Our hearts and prayers go out to the Japanese. We are, of course, worried about our colleagues in Sendai which is 55 miles from the reactors. There’s no fuel to evacuate.

CBS Small Planet, KBTX TV, Discovery News interviews and videos

Check out this online interview which discusses the Japanese robots and KBTX TV ran a nice follow up on the JST/RESPOND-R exercise that CRASAR hosted with the Japanese rescue robot researchers. (See earlier posts) It’s just morning there now- I’m hoping for an update shortly and maybe the official invitation to participate.  The contact person for the Japanese rescue robotics work is Prof. Fumitoshi Matsuno at Prof. Matsuno is the vice president of the International Rescue Systems institute, which is our Japanese counterpart, and is in Kyoto which has communications. Discovery News also posted this article.
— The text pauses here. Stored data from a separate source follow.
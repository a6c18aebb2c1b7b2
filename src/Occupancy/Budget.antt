-- ===== src/Occupancy/Budget.antt =====
-- The GPUs of a reservation that app/controller.py counts as free.
use gpu_reservation_controll.Base.{
  ℕ, ◌≡◌, ◌≤◌, ◌+◌, ◌-◌, refl, ap, String, Option, none, string_eq, nat_eq, option_eq, [], ◌∷◌,
  Dict, get, insert, get_or, arith, keep, sum_by, get_or-insert_self,
}
use gpu_reservation_controll.Schemas.{ReservationResponse}
use gpu_reservation_controll.State.{ControllerState}
use gpu_reservation_controll.Matching.{gpus_of, available}
use gpu_reservation_controll.Occupancy.{record_placement}

-- An entry that is new adds its GPUs to the total.
pub gpus_of-insert :
    (uid : String) (gpus : ℕ) (occupants : Dict String ℕ)
    → get uid occupants ≡ none
    → gpus_of none (insert uid gpus occupants) ≡ gpus_of none occupants + gpus
unfolding gpus_of get insert keep sum_by
gpus_of-insert uid gpus [] h = omega arith
gpus_of-insert uid gpus ((v, g) ∷ d) h = ground (arith, gpus_of-insert uid gpus d)

-- What the map holds under a reservation.
abbrev pub occupants : ControllerState → ℕ → Dict String ℕ
occupants s rid = get_or rid s.occupancy []

available_eq :
    (s : ControllerState) (r : ReservationResponse) (exclude : Option String)
    → available s r exclude ≡ r.gpu_count - gpus_of exclude (occupants s r.id)
unfolding available
available_eq s r exclude = refl

occupants-record_placement :
    (s : ControllerState) (rid : ℕ) (uid : String) (gpus : ℕ)
    → occupants (record_placement s rid uid gpus) rid ≡ insert uid gpus (occupants s rid)
unfolding record_placement
occupants-record_placement s rid uid gpus = get_or-insert_self rid _ [] s.occupancy

-- Recording a pod that is not under the reservation yet, and that fits, takes exactly its GPUs from
-- those that are free.
pub available-record_placement :
    (s : ControllerState) (r : ReservationResponse) (uid : String) (gpus : ℕ)
    → get uid (occupants s r.id) ≡ none
    → gpus ≤ available s r none
    → available (record_placement s r.id uid gpus) r none + gpus ≡ available s r none
available-record_placement s r uid gpus h fits = omega (
  arith,
  available_eq s r none,
  available_eq (record_placement s r.id uid gpus) r none,
  ap (gpus_of none) (occupants-record_placement s r.id uid gpus),
  gpus_of-insert uid gpus (occupants s r.id) h,
)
Have Robots Been Used in Previous Earthquakes?

I’ve been asked by Erico Guizzo, robotics editor at IEEE Spectrum, asks “have robots been used in previous quakes?” The answer is “yes”- just one,  the 2010 Haiti Earthquake.

The US Army Corps of Engineers used a Seabotix ROV (remotely operated underwater  vehicle) to investigate bridge and seawall damage as part of the US assistance to the Haitian government.  An aerospace company from the US self-deployed and flew a small fixed-wing UAV to get an overview of the damage near an orphanage  in ignorance of the Haitian airspace prohibition on all UAVs (the Predator views you saw were taken from outside Haitian airspace)- which caused a bit of a flap (no pun intended).  Note: CRASAR offered (as always, at no cost through our Roboticists Without Borders program) small AirRobot and ISENSYS helicopters for rapid assessment, a VideoRay ROV, and a AEOS water Surface Vehicle with a special sonar particularly well suited for bridge inspection in shallow water, and our usual ground vehicles suited for commercial building collapses (not a lot in Haiti)   to support the response through US Southern Command but was declined by the Haitian officials who said with ample justification that there were too many responders and NGOs pouring in (at that point many were self-deployed, which has the unintended consequence of saturating the officials and causing them to say just say no).

Prof. Daniele Nardi at Sapienza University of Rome, who is one of the leading European researchers in rescue robotics, demonstrated  his micro-quad rotor UAV in the aftermath of the 2009 L’aquila earthquake (I got to attend!), but that was intended for the Fire Service to evaluate the device and not a part of the actual response.